# Specific 3D Printers, Scanners, & Hardware > FlashForge Forum >  Filament now brittle :(

## lucidpsykosis

I'm aware of the need to keep filament dry and contained with a desiccant pack preferably, but I haven't been able to get that together just yet.  So, I bought a couple ABS spools from E-Sun, and have loved the way it prints.  I haven't printed for a couple days now, and found that when a slight degree of pressure is put on the filament, it snaps like a twig.  I've heard that some bake their filament.  What are my options (if any) to give life back to my filament?!

----------


## JohnA136

That's odd?  Typically ABS is much less brittle than PLA?  If I have an unmarked spool, I just take the end and bend it over onto itself, if it turn white in the bend, it is ABS.  If it breaks, it is PLA.

----------


## lucidpsykosis

Yeah, this wasn't doing this when I first got it.  There was actually some playability to it.  I'm just wondering how to fix it, if possible.

----------


## rforeman

I had the same thing happen. I went to Lowe,s and got a rubbermaid tub and a damprid refillable container. I also mounted a 60 watt light bulb in the tub and let it sit in there for about 24 hours. It worked well and now I keep it in that tub all the time whe I am not printing.

----------


## raysspl

It's imperative you store filament in low humidity storage bins. If you can afford vacuum pressure packaging your filament after each time of usage, presumably there's still a substantial amount left, that is the best as it keep dirt & locks out air. 

Filament snapping like a twig will happen when exposed to elements of your home, office, school.

----------


## Geoff

> It's imperative you store filament in low humidity storage bins. If you can afford vacuum pressure packaging your filament after each time of usage, presumably there's still a substantial amount left, that is the best as it keep dirt & locks out air. 
> 
> Filament snapping like a twig will happen when exposed to elements of your home, office, school.

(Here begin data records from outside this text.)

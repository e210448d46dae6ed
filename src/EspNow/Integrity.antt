-- ===== src/EspNow/Integrity.antt =====
-- Where the messages of a reassembler come from, whatever payloads arrive from whatever sources.
use microfips.Base.{
  ℕ, zero, suc, ◌+◌, ◌≡◌, List, [], ◌∷◌, ◌++◌, Option, none, some, true, false, length, take, drop,
  take-append_self, length-replicate, subst, ◌⊎◌, arith, refl, ap, Bool-cases, inl, inr,
}
use microfips.Bytes.{eq_bytes, eq_bytes_sound}
use microfips.Exec.{Exec, ok, Absent, ◌>>=◌}
use microfips.Exec.Post.{returned}
use microfips.EspNow.Frag.{
  Reassembler, SrcReassembler, src_new, note_src, push, push_from, is_last, idx_of, new,
}
use microfips.EspNow.Reassembly.{IsWhole, Continues, Outcome, push_outcome, Outcome-IsWhole}

-- A call of `push`: the source and the payload.
abbrev pub Call : Type 0
Call = List ℕ × List ℕ

-- The newest `k` calls, the newest first, come from `src` and carry the fragments 0 to `k - 1` of
-- message `id`, none of them the last one: `m` is their chunks in order.
abbrev pub Parts : (src : List ℕ) (id k : ℕ) (calls : List Call) (m : List ℕ) → Type 0
Parts src id zero calls m = m ≡ []
Parts src id (suc k) [] m = ⊥
Parts src id (suc k) ((from, payload) ∷ calls) m =
    (flags : ℕ) × (chunk : List ℕ) × (before : List ℕ) × (from ≡ src)
    × (payload ≡ id ∷ flags ∷ chunk)
    × (idx_of flags ≡ k)
    × (is_last flags ≡ false)
    × (m ≡ before ++ chunk)
    × Parts src id k calls before

-- A result that is a message: the payload is the last fragment of it, and the calls just before
-- carry the fragments before that one, from the same source.
abbrev pub IsFrom : (src payload : List ℕ) (calls : List Call) → Option (List ℕ) → Type 0
IsFrom src payload calls none = Unit
IsFrom src payload calls (some m) =
    (id : ℕ) × (flags : ℕ) × (chunk : List ℕ) × (before : List ℕ) × (payload ≡ id ∷ flags ∷ chunk)
    × (is_last flags ≡ true)
    × (m ≡ before ++ chunk)
    × Parts src id (idx_of flags) calls before

-- The message in progress.
abbrev Tracks : Reassembler → (src : List ℕ) (calls : List Call) → Type 0
Tracks r src calls =
    IsWhole r × (r.active ≡ true → Parts src r.msg_id r.next_idx calls (take r.len r.buf))

continued-Parts :
    (r : Reassembler) (src : List ℕ) (calls : List Call) (id idx : ℕ) (m : List ℕ)
    → Tracks r src calls
    → Continues r id idx m
    → Parts src id idx calls m
continued-Parts r src calls id idx m t (inl (first, nothing)) = rw first nothing
continued-Parts r src calls id idx m t (inr (on, same_id, next, same)) =
    rw (same_id, next, same) (t.1 on)

outcome-Tracks :
    (r : Reassembler) (src : List ℕ) (calls : List Call) (payload : List ℕ)
    (one : Option (List ℕ) × Reassembler)
    → Tracks r src calls
    → Outcome r payload one
    → Tracks one.1 src ((src, payload) ∷ calls) × IsFrom src payload calls one.0
outcome-Tracks r src calls _ _ t (Outcome.drops _ r' whole off) = ((whole, λ on. cc), tt)
outcome-Tracks r src calls _ _ t (Outcome.grows id flags m chunk rest goes_on whole fits) =
    let parts = continued-Parts r src calls id (idx_of flags) m t goes_on in
    let whole' = Outcome-IsWhole r _ _ (Outcome.grows id flags m chunk rest goes_on whole fits) in
    elim (Bool-cases (is_last flags)) [
      | inl last ↦ rw last ((whole', λ on. cc), (id, flags, chunk, m, refl, last, refl, parts))
      | inr more ↦
          let next : idx_of flags + 1 ≡ suc (idx_of flags) = omega arith in
          rw more (
            (
              whole',
              λ on.
                  rw (next, take-append_self (m ++ chunk) (drop (length chunk) rest))
                    (flags, chunk, m, refl, refl, refl, more, refl, parts),
            ),
            tt,
          )
    ]

-- The state that a payload from `src` finds, once the source is noted.
noted :
    (s : SrcReassembler) (known src : List ℕ) (calls : List Call)
    → s.src ≡ some known
    → Tracks s.reassembler known calls
    → Tracks (note_src s src).reassembler src calls × ((note_src s src).src ≡ some src)
noted s known src calls e t = elim (Bool-cases (eq_bytes known src)) [
  | inl same ↦
      let equal = eq_bytes_sound known src same in
      rw (e, same) (subst (λ k. Tracks s.reassembler k calls) equal t, ap some equal)
  | inr other ↦ rw (e, other) ((t.0, λ on. cc), refl)
]

-- After these calls, the newest first, of a new reassembler.
unfoldable pub after_calls : List Call → Exec Absent SrcReassembler
after_calls [] = ok src_new
after_calls ((src, payload) ∷ calls) = do
  s ← after_calls calls
  one ← push_from s src payload
  ok one.1

-- Before any call no source is known, and then the newest one is.
abbrev TracksAll : SrcReassembler → List Call → Type 0
TracksAll s calls =
    ((s.src ≡ none) × IsWhole s.reassembler × (s.reassembler.active ≡ false))
    ⊎ ((known : List ℕ) × (s.src ≡ some known) × Tracks s.reassembler known calls)

noted_all :
    (s : SrcReassembler) (src : List ℕ) (calls : List Call)
    → TracksAll s calls
    → Tracks (note_src s src).reassembler src calls × ((note_src s src).src ≡ some src)
noted_all s src calls (inl (e, whole, off)) = rw e ((whole, λ on. cc), refl)
noted_all s src calls (inr (known, e, t)) = noted s known src calls e t

-- What a call gives.
abbrev PushedFrom : (s : SrcReassembler) (src payload : List ℕ) (calls : List Call) → Type 0
PushedFrom s src payload calls =
    (out : Option (List ℕ)) × (s' : SrcReassembler) × (push_from s src payload ≡ ok (out, s'))
    × TracksAll s' ((src, payload) ∷ calls)
    × IsFrom src payload calls out

push_from_lem :
    (s : SrcReassembler) (src payload : List ℕ) (calls : List Call)
    → TracksAll s calls
    → PushedFrom s src payload calls
unfolding push_from
push_from_lem s src payload calls t =
    let (tracks, known) = noted_all s src calls t in
    let r = (note_src s src).reassembler in
    let (one, pushed, outcome) =
      returned (Outcome r payload) (push r payload) (push_outcome r payload tracks.0) in
    let (tracks', from) = outcome-Tracks r src calls payload one tracks outcome in
    (
      one.0,
      record (note_src s src) { reassembler = one.1 },
      rw pushed,
      inr (src, known, tracks'),
      from,
    )

after_calls_track :
    (calls : List Call) → (s : SrcReassembler) × (after_calls calls ≡ ok s) × TracksAll s calls
unfolding after_calls src_new new
after_calls_track [] =
    (src_new, refl, inl (refl, (length-replicate {A = ℕ} 2048 0, omega arith), refl))
after_calls_track ((src, payload) ∷ calls) =
    let (s, e, t) = after_calls_track calls in
    let (out, s', e', t', from) = push_from_lem s src payload calls t in (s', rw (e, e'), t')

-- Whatever calls a new `SrcReassembler` has seen, and whatever payload comes next: it does not
-- panic, and a message that it returns then is made of the chunks of this payload and of the calls
-- just before it, all from the same source and with the same message id, their indices counting
-- up from 0 to the index of this payload, which alone has the flag of the last fragment.
pub message-IsFrom :
    (calls : List Call) (src payload : List ℕ)
    → (s : SrcReassembler) × (out : Option (List ℕ)) × (s' : SrcReassembler) × (after_calls calls
        ≡ ok s)
      × (push_from s src payload ≡ ok (out, s'))
      × IsFrom src payload calls out
message-IsFrom calls src payload =
    let (s, e, t) = after_calls_track calls in
    let (out, s', e', t', from) = push_from_lem s src payload calls t in (s, out, s', e, e', from)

I wouldn't say necessarily imperative. I have had spools of ABS out in the open in the garage with lots of condensation and dust, a quick blast with an air compressor over a year later and it prints like new - and should never be brittle at any stage of it's life as John said. PLA on the other hand, I find brand new rolls out of the vacuum seal can be brittle, especially the no colour filament I got, its almost like raw spaghetti.

----------


## raysspl

> I wouldn't say necessarily imperative. I have had spools of ABS out in the open in the garage with lots of condensation and dust, a quick blast with an air compressor over a year later and it prints like new - and should never be brittle at any stage of it's life as John said. PLA on the other hand, I find brand new rolls out of the vacuum seal can be brittle, especially the no colour filament I got, its almost like raw spaghetti.


Geoff, you're right. What I said meant for PLA & not necessarily ABS.

----------


## iDig3Dprinting

This seems a bit odd. One would have to suggest that it is in part to do with the filament quality.

----------


## curious aardvark

Actually, is the filament in sunlight ? 

Abs is subject to uv breakdown. It's one reason outdoor things are often better made from pla, which isn't as susceptible to uv radiation. 

Makes more sense than water.

----------


## Geoff

> Actually, is the filament in sunlight ? 
> 
> Abs is subject to uv breakdown. It's one reason outdoor things are often better made from pla, which isn't as susceptible to uv radiation. 
> 
> Makes more sense than water.


I am testing this at the moment, I have 10 test pieces of filament outside on the back deck, they have been there for a day now, i'm going to leave them a few more weeks and then test them. 5 x PLA and 5 x ABS test pieces, all 5 metres each, enough to print a test cube from them all.  I want to give them a good amount of time in the direct sunlight and condensation and see which one holds up the best, I will do a pretty detailed thread about it.

Already I can say, one of the PLA pieces has started to change. The clear Red PLA or crystal Red has gone a very pale while in some sections, it looks like moisture definately has gotten in there somewhere overnight. We are talking intense condensation tho ppl... I live in the country, it gets very cold overnight and very warm in the day.

----------


## curious aardvark

cool, look forward to seeing the results :-)

----------


## lucidpsykosis

> Actually, is the filament in sunlight ? 
> 
> Abs is subject to uv breakdown. It's one reason outdoor things are often better made from pla, which isn't as susceptible to uv radiation. 
> 
> Makes more sense than water.


No, its actually in a dark room.  Plus I live in Utah, which has a pretty low level of humidity.  Maybe I did get a bad roll or quality, not sure.  I had a few people who've printed with it recommend them.  I have been pretty much using Octave brand, but I thought I'd try others, especially since its a little cheaper; but cheaper isn't always better.

----------


## curious aardvark

weird. 

You don't by chance have one of those room 'freshener' sprays in the room ? 

Just a thought, that crap could rot through anything.

----------


## lucidpsykosis

> weird. 
> 
> You don't by chance have one of those room 'freshener' sprays in the room ? 
> 
> Just a thought, that crap could rot through anything.


Lol...no.  I'm wondering if I should contact E-Sun and ask what they can do (which is probably nothing).

----------


## jfkansas

I have had perfectly good brand new rolls that are brittle in places. If you tested the filaments raw brittleness, most place it will just bend, but every few inches or more it would snap. It hasn't affected print quality at all from what I have seen. I am more concerned with layer adhesion which directly affects part strength.

----------


## lucidpsykosis

> I have had perfectly good brand new rolls that are brittle in places. If you tested the filaments raw brittleness, most place it will just bend, but every few inches or more it would snap. It hasn't affected print quality at all from what I have seen. I am more concerned with layer adhesion which directly affects part strength.


I got thinking about that earlier, and took a look under a scope (thanks for the idea Geoff).  I could tell after printing and cooling, there were a few micro lines of space.  Who knows if its the brittleness or the machine.

----------